The somewhat shameful disarray of the “winners” of the referendum setting in motion the United Kingdom's leaving the European Union and the utterly hypocritical hesitation waltz by the political “leaders” who job it is execute the decision are confections that leave a bitter taste. No democrat can be happy that any dictatorship by the (narrow) majority, imposing its will through the use of the weapon that is a referendum, can play with the fate of a country and its people, our European fellow-citizens. Shame, then, upon those leaders who have ignominiously given in to the demands of nationalists and other populists more generous with lies than with reason!
The problem is that leaders of this sort are not confined to the United Kingdom. The message today from the chorus of supposedly reasonable political leaders is that we really have to wait, to delay until some future date all possible progress in the European project. Our citizens are not ready to “continue to pursue integration and political enlargement of the Union”, is, in substance, what is being stated by figures such as Donald Tusk and Jeroen Dijsselbloem, the Dutch finance minister, and that is before turning to leaders further East who share the view of the Polish foreign minister that, for the European Union to emerge unscathed from Brexit, “it is time to re-think the old Franco-German model of closer European integration”. In truth, the propensity of those in power nationally to consider that they alone are able to speak on behalf of their citizens is now becoming intolerable! In whose name do they, in fact, speak? Everyone's? Of course not! They only speak for those closest to them, those who are active in their party. And then - and perhaps even especially - for those who, in their country, shout loudest in their condemnations of Europe - Farage, Le Pen, Wilders and others of that ilk in each of the member states of the Union. This is a time when too many national and European political leaders have become then only too willing mouthpieces of the supporters of the Europe of nationalities which not so long ago led us to two world wars.
There was even a minister who suggested after the meeting of the foreign ministers of the six founding states in Berlin on Saturday that only “concrete results”, such as being able to “telephone abroad without having to pay high roaming charges”, would assuage the disaffection facing the EU. Did the fall in telephone roaming charges (imposed by the Commission despite the reluctance of a number of the relevant ministers) have any influence whatsoever on the how the British voted last Thursday? Is there any need to answer this question? Such comments merely further insult citizens' intelligence, as if some leaders were determined that people should be treated like children when it comes to European affairs, which must, no matter what, remain the preserve of national elites.
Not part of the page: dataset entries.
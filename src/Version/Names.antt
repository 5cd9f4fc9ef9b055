-- ===== src/Version/Names.antt =====
-- internal/version/version.go, Valid: what a version may look like as the name of a directory.
use fuelmind.Base.{
  ℕ, ◌≤◌, ◌≡◌, ◌≢◌, Bool, true, false, [], ◌∷◌, arith, Text, codes, contains, All, length,
}
use fuelmind.Version.{valid, valid_re, all_version_chars, is_version_char, is_alnum}

-- Not a separator of paths, nor of drives, nor a wildcard, nor a control character.
pub record IsSafeChar (c : ℕ) : Type 0 where
  pub printable : 33 ≤ c
  pub ascii : c ≤ 122
  pub not_slash : c ≢ b'/'
  pub not_backslash : c ≢ 92
  pub not_colon : c ≢ b':'
  pub not_star : c ≢ b'*'
  pub not_question : c ≢ b'?'

char-IsSafeChar : (c : ℕ) → is_version_char c ≡ true → IsSafeChar c
char-IsSafeChar c h = ground arith

chars-IsSafeChar : (s : Text) → all_version_chars s ≡ true → All IsSafeChar s
unfolding all_version_chars
chars-IsSafeChar [] h = tt
chars-IsSafeChar (c ∷ s) h = (char-IsSafeChar c (ground arith), chars-IsSafeChar s (ground arith))

abbrev pub starts_alnum : Text → Bool
starts_alnum [] = false
starts_alnum (c ∷ s) = is_alnum c

re_parts :
    (v : Text) → valid_re v ≡ true → (starts_alnum v ≡ true) × (length v ≤ 64) × All IsSafeChar v
unfolding valid_re
re_parts [] h = cc
re_parts (c ∷ s) h = (
  ground arith,
  ground arith,
  (char-IsSafeChar c (ground arith), chars-IsSafeChar s (ground arith)),
)

-- A valid version begins with a letter or a digit, has at most 64 characters, none of them a
-- separator of paths or drives, a wildcard or a space, and does not contain "..".
pub valid_safe :
    (v : Text)
    → valid v ≡ true
    → (starts_alnum v ≡ true)
      × (length v ≤ 64)
      × All IsSafeChar v
      × (contains v (codes "..") ≡ false)
unfolding valid
valid_safe v h = let parts = re_parts v (ground arith) in (parts.0, parts.1, parts.2, ground arith)
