-- ===== src/Version/Release.antt =====
-- internal/version/version.go, Compare: a release against its own pre-releases.
use fuelmind.Base.{
  ℕ, ◌≡◌, ◌≢◌, refl, ◌∙◌, ap, List, [], ◌∷◌, ◌++◌, arith, Text, text_eq, All, Ordering,
}
use fuelmind.Version.{
  compare_versions, compare_parts, compare_pre, split, before, after, stripped, trim_v,
}
use fuelmind.Version.Order.{flip-compare_parts, flip_fixed}

abbrev pub Lacks : ℕ → Text → Type 0
Lacks c = All (λ x. x ≢ c)

pub before-Lacks : (c : ℕ) (s : Text) → Lacks c s → before c s ≡ s
unfolding before
before-Lacks c [] h = refl
before-Lacks c (x ∷ s) h = ground (arith, before-Lacks c s h.1)

pub after-Lacks : (c : ℕ) (s : Text) → Lacks c s → after c s ≡ []
unfolding after
after-Lacks c [] h = refl
after-Lacks c (x ∷ s) h = ground (arith, after-Lacks c s h.1)

before-append : (c : ℕ) (s t : Text) → Lacks c s → before c (s ++ t) ≡ s ++ before c t
unfolding before
before-append c [] t h = refl
before-append c (x ∷ s) t h = ground (arith, before-append c s t h.1)

after-append : (c : ℕ) (s t : Text) → Lacks c s → after c (s ++ c ∷ t) ≡ t
unfolding after
after-append c [] t h = ground arith
after-append c (x ∷ s) t h = ground (arith, after-append c s t h.1)

before-append_self : (c : ℕ) (s t : Text) → Lacks c s → before c (s ++ c ∷ t) ≡ s
unfolding before
before-append_self c [] t h = ground arith
before-append_self c (x ∷ s) t h = ground (arith, before-append_self c s t h.1)

trim_v-Lacks : (c : ℕ) (s : Text) → Lacks c s → Lacks c (trim_v s)
unfolding trim_v
trim_v-Lacks c [] h = h
trim_v-Lacks c (x ∷ s) h = ground arith

trim_v-append : (s t : Text) → trim_v (s ++ b'-' ∷ t) ≡ trim_v s ++ b'-' ∷ t
unfolding trim_v
trim_v-append [] t = refl
trim_v-append (x ∷ s) t = ground arith

stripped_release : (core : Text) → Lacks b'+' core → stripped core ≡ trim_v core
unfolding stripped
stripped_release core h = before-Lacks b'+' (trim_v core) (trim_v-Lacks b'+' core h)

before_dash : (t : Text) → before b'+' (b'-' ∷ t) ≡ b'-' ∷ before b'+' t
unfolding before
before_dash t = refl

stripped_prerelease :
    (core pre : Text)
    → Lacks b'+' core
    → stripped (core ++ b'-' ∷ pre) ≡ trim_v core ++ b'-' ∷ before b'+' pre
unfolding stripped
stripped_prerelease core pre h =
    ap (before b'+') (trim_v-append core pre)
    ∙ (before-append b'+' (trim_v core) (b'-' ∷ pre) (trim_v-Lacks b'+' core h)
        ∙ ap (λ t. trim_v core ++ t) (before_dash pre))

pub compare_parts_self : (xs : List Text) → compare_parts xs xs ≡ Ordering.eq
compare_parts_self xs = flip_fixed _ (flip-compare_parts xs xs)

before_other : (c : ℕ) (pre : Text) → c ≢ b'+' → before b'+' (c ∷ pre) ≡ c ∷ before b'+' pre
unfolding before
before_other c pre h = ground arith

compare_pre_cons : (c : ℕ) (pre : Text) → compare_pre (c ∷ pre) [] ≡ Ordering.lt
unfolding compare_pre text_eq
compare_pre_cons c pre = refl

compare_pre_nonempty :
    (c : ℕ) (pre : Text) → c ≢ b'+' → compare_pre (before b'+' (c ∷ pre)) [] ≡ Ordering.lt
compare_pre_nonempty c pre h = rw (before_other c pre h) (compare_pre_cons c _)

-- "1.0.0-pilot" sorts before "1.0.0": a version with a pre-release, of at least one character
-- before any build metadata, is older than the release with the same core.
pub prerelease_older :
    (core : Text) (c : ℕ) (pre : Text)
    → Lacks b'-' core
    → Lacks b'+' core
    → c ≢ b'+'
    → compare_versions (core ++ b'-' ∷ c ∷ pre) core ≡ Ordering.lt
unfolding compare_versions
prerelease_older core c pre dash plus h = rw (
  stripped_prerelease core (c ∷ pre) plus,
  stripped_release core plus,
  before-append_self b'-' (trim_v core) (before b'+' (c ∷ pre)) lacks,
  after-append b'-' (trim_v core) (before b'+' (c ∷ pre)) lacks,
  before-Lacks b'-' (trim_v core) lacks,
  after-Lacks b'-' (trim_v core) lacks,
  compare_parts_self (split b'.' (trim_v core)),
  compare_pre_nonempty c pre h,
)
  where
    lacks : Lacks b'-' (trim_v core)
    lacks = trim_v-Lacks b'-' core dash
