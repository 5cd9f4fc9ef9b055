-- ===== src/Version/Tests.antt =====
-- The examples of version.go's comments and tests, and the theorems at concrete versions.
use fuelmind.Base.{ℕ, ◌≡◌, ◌≢◌, refl, true, false, List, [], ◌∷◌, Text, codes, Ordering}
use fuelmind.Version.{valid, compare_versions, pos, split, before, stripped, after, atoi, or_zero}
use fuelmind.Version.Numeric.{IsRelease, lt-ne-gt, compare_versions_trans}

valid_one : valid (codes "1.0.0-pilot") ≡ true
unfolding valid
valid_one = refl

valid_dots : valid (codes "1..0") ≡ false
unfolding valid
valid_dots = refl

valid_path : valid (codes "../x") ≡ false
unfolding valid
valid_path = refl

compare_minor : compare_versions (codes "1.10.0") (codes "v1.9") ≡ Ordering.gt
unfolding compare_versions
compare_minor = refl

-- Numeric parts are compared with others as text, which closes a cycle: 9 < 10 < 1a < 9.
cycle_low : compare_versions (codes "9") (codes "10") ≡ Ordering.lt
unfolding compare_versions
cycle_low = refl

cycle_mid : compare_versions (codes "10") (codes "1a") ≡ Ordering.lt
unfolding compare_versions
cycle_mid = refl

cycle_high : compare_versions (codes "1a") (codes "9") ≡ Ordering.lt
unfolding compare_versions
cycle_high = refl

-- A dotted pre-release is compared as one text: rc.10 before rc.9.
prerelease_text : compare_versions (codes "1.0-rc.10") (codes "1.0-rc.9") ≡ Ordering.lt
unfolding compare_versions
prerelease_text = refl

IsRelease-one : IsRelease (codes "1.2")
unfolding split before stripped after atoi or_zero
IsRelease-one = record { parts = ((pos 1, refl), ((pos 2, refl), tt)); no_pre = refl }

IsRelease-two : IsRelease (codes "1.10")
unfolding split before stripped after atoi or_zero
IsRelease-two = record { parts = ((pos 1, refl), ((pos 10, refl), tt)); no_pre = refl }

IsRelease-mid : IsRelease (codes "1.3")
unfolding split before stripped after atoi or_zero
IsRelease-mid = record { parts = ((pos 1, refl), ((pos 3, refl), tt)); no_pre = refl }

older : compare_versions (codes "1.2") (codes "1.3") ≡ Ordering.lt
unfolding compare_versions
older = refl

newer : compare_versions (codes "1.3") (codes "1.10") ≡ Ordering.lt
unfolding compare_versions
newer = refl

compare_versions_trans_example : compare_versions (codes "1.2") (codes "1.10") ≢ Ordering.gt
compare_versions_trans_example =
    compare_versions_trans (codes "1.2") (codes "1.3") (codes "1.10") IsRelease-one IsRelease-mid
      IsRelease-two (lt-ne-gt older) (lt-ne-gt newer)

-- A digest whose first bytes are 0, 0, 0, 42.
abbrev digest : Text → List ℕ
digest s = 0 ∷ 0 ∷ 0 ∷ 42 ∷ []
In his way, that foreign minister vindicated Boris Johnson who, when asked what the “Remain” camp was offering, replied: “steady and miserable erosion of parliamentary democracy in this country”. That response is valid for every country, national executives having long conducted themselves, on the European level, without really needing to account to national parliamentary assemblies, the European Parliament being little more viewed for them than the annoyance of a stone in their shoe. The rise in the power of the European Council has served only to exacerbate this democratic malaise. In reality, European citizens have for a very long time been pushed out of the game by their national political leaders. As Bernard Dreano, a member of the now forgotten “European Citizens Assembly” put it in 1997, they have long been to live in an ersatz democracy, in a system where peoples might possibly be allowed to say “yes” or more probably “no”. And ordinary citizen Dreano added: “We would almost have to invent a new word to describe something that is not exactly a dictatorship but is no longer democracy. Could it be blackmail?”
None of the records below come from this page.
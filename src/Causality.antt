-- ===== src/Causality.antt =====
-- causality/src/epoch.rs: `compute_epochs`, from the tree to the epochs.
pub mod Meta
pub mod Collect
pub mod DependencyGraph
pub mod Kahn
pub mod Layers
pub mod Precedence
pub mod Order
pub mod Cycles
pub mod Tests
use lusid.Base.{◌>>=◌, ◌+◌, ◌-◌, Option, List, [], length, ◌==◌, if◌then◌else◌, Eq, Result, ok, err}
use Collect.{
  CausalityTree, EpochError, cycle_detected, CollectedLeaf, collect_recursive, no_ancestors,
  nothing_collected,
}
use DependencyGraph.{Graph, build_graph}
use Kahn.{sources, run_waves}

module _ {ℓ} {Node : Type ℓ} {NodeId : Type 0} ⦃e : Eq NodeId⦄ where
  -- The loop over the queue and the test after it. A round of fuel for each leaf and one more is
  -- enough: Causality/Order.
  unfoldable pub schedule :
      List (CollectedLeaf Node NodeId) → Graph → Result (EpochError NodeId) (List (List Node))
  schedule leaves g =
      let n = length leaves in
      let result = run_waves (n + 1) leaves g.outgoing (sources g.indegree 0) g.indegree 0 [] in
      if result.1 == n then ok result.0 else err (cycle_detected (n - result.1))

  unfoldable pub compute_epochs :
      CausalityTree (Option Node) NodeId → Result (EpochError NodeId) (List (List Node))
  compute_epochs tree = do
    st ← collect_recursive tree no_ancestors nothing_collected
    g ← build_graph st.id_to_leaves st.leaves
    schedule st.leaves g
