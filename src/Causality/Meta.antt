-- ===== src/Causality/Meta.antt =====
-- causality/src/tree.rs: the constructors of `CausalityMeta`.
use lusid.Base.{none, some, List, []}
use lusid.Causality.Collect.{CausalityMeta}

abbrev pub default : {NodeId : Type 0} → CausalityMeta NodeId
default = record { id = none; requires = []; required_by = [] }

abbrev pub id : {NodeId : Type 0} → NodeId → CausalityMeta NodeId
id node_id = record { id = some node_id; requires = []; required_by = [] }

abbrev pub requires : {NodeId : Type 0} → List NodeId → CausalityMeta NodeId
requires ids = record { id = none; requires = ids; required_by = [] }

abbrev pub required_by : {NodeId : Type 0} → List NodeId → CausalityMeta NodeId
required_by ids = record { id = none; requires = []; required_by = ids }
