-- ===== src/Operation/Types.antt =====
-- operation/src/operations/: the values of the families whose `merge` hands its operations back.
use lusid.Base.{ℕ, Bool, Option, List, String}

pub record FilePath : Type 0 where
  pub value : String

-- A `u32`
pub record FileMode : Type 0 where
  pub value : ℕ

pub record FileUser : Type 0 where
  pub value : String

pub record FileGroup : Type 0 where
  pub value : String

pub data FileSource : Type 0 where
  contents : (bytes : List ℕ) → FileSource
  path : FilePath → FileSource
  secret : (name : String) → FileSource

pub data AptRepoOperation : Type 0 where
  ensure_keyrings_dir : FilePath → AptRepoOperation
  download_key : (name url : String) → FilePath → AptRepoOperation
  write_sources : (name : String) → FilePath → (content : String) → AptRepoOperation

pub record PodmanCreate : Type 0 where
  pub name : String
  pub image : String
  pub command : Option (List String)
  pub env : List String
  pub ports : List String
  pub volumes : List String
  pub restart_policy : Option String
  pub config_hash : String

pub data PodmanOperation : Type 0 where
  create_container : PodmanCreate → PodmanOperation
  start_container stop_container remove_container : (name : String) → PodmanOperation

pub data FileOperation : Type 0 where
  write_file : FilePath → FileSource → FileOperation
  create_symlink : (source target : FilePath) → FileOperation
  remove_file : FilePath → FileOperation
  change_file_mode : FilePath → FileMode → FileOperation
  change_file_owner : FilePath → Option FileUser → Option FileGroup → FileOperation

pub data DirectoryOperation : Type 0 where
  create_directory : FilePath → DirectoryOperation
  create_directory_symlink copy_tree : (source target : FilePath) → DirectoryOperation
  remove_directory : FilePath → DirectoryOperation
  change_directory_mode : FilePath → FileMode → DirectoryOperation
  change_directory_owner : FilePath → Option FileUser → Option FileGroup → DirectoryOperation

pub data CommandExecutor : Type 0 where
  direct shell : CommandExecutor

pub record CommandOperation : Type 0 where
  pub command : String
  pub executor : CommandExecutor

pub data GitOperation : Type 0 where
  clone : (repo : String) → FilePath → GitOperation
  fetch : FilePath → GitOperation
  checkout : FilePath → (version : String) → (force : Bool) → GitOperation
  pull : FilePath → GitOperation

pub data SystemdOperation : Type 0 where
  enable disable start_unit stop_unit : (name : String) → SystemdOperation

pub record UserAdd : Type 0 where
  pub name : String
  pub uid : Option ℕ
  pub primary_group : Option String
  pub append_groups : List String
  pub comment : Option String
  pub home : Option FilePath
  pub shell : Option String
  pub system : Bool
  pub create_home : Bool

pub record UserModify : Type 0 where
  pub name : String
  pub uid : Option ℕ
  pub primary_group : Option String
  pub append_groups : Option (List String)
  pub comment : Option String
  pub home : Option FilePath
  pub shell : Option String

pub data UserOperation : Type 0 where
  add_account : UserAdd → UserOperation
  modify_account : UserModify → UserOperation
  delete_account : (name : String) → (remove_home : Bool) → UserOperation

pub data GroupOperation : Type 0 where
  add_group : (name : String) → (gid : Option ℕ) → (system : Bool) → GroupOperation
  modify_group : (name : String) → (gid : Option ℕ) → GroupOperation
  add_member : (name user : String) → GroupOperation
  delete_group : (name : String) → GroupOperation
Who is doing the blackmailing if not national political leaders who claim to be the only ones able to speak on behalf of their citizens but without going to the trouble of listening to them? Who claims the desire to retain national sovereignty as demands from the people? Can the democratic deficit in Europe not, then, be laid at the door of the steadfast will of the national political classes not to concede anything that might affect their grains of power, no matter that this may be harmful to peoples' best interests or risk aggravating resentments? As Philippe Herzog recently observed, “the nation-state wants to be fully sovereign” but it “is not the people”, given that “the culture of power it propagates alienates folks”. The citizens of Europe would do well to take this to heart and to make themselves heard so that, in the coming weeks and months, their will, their expectations are not hijacked and used to back a dream of national sovereignty that is not theirs.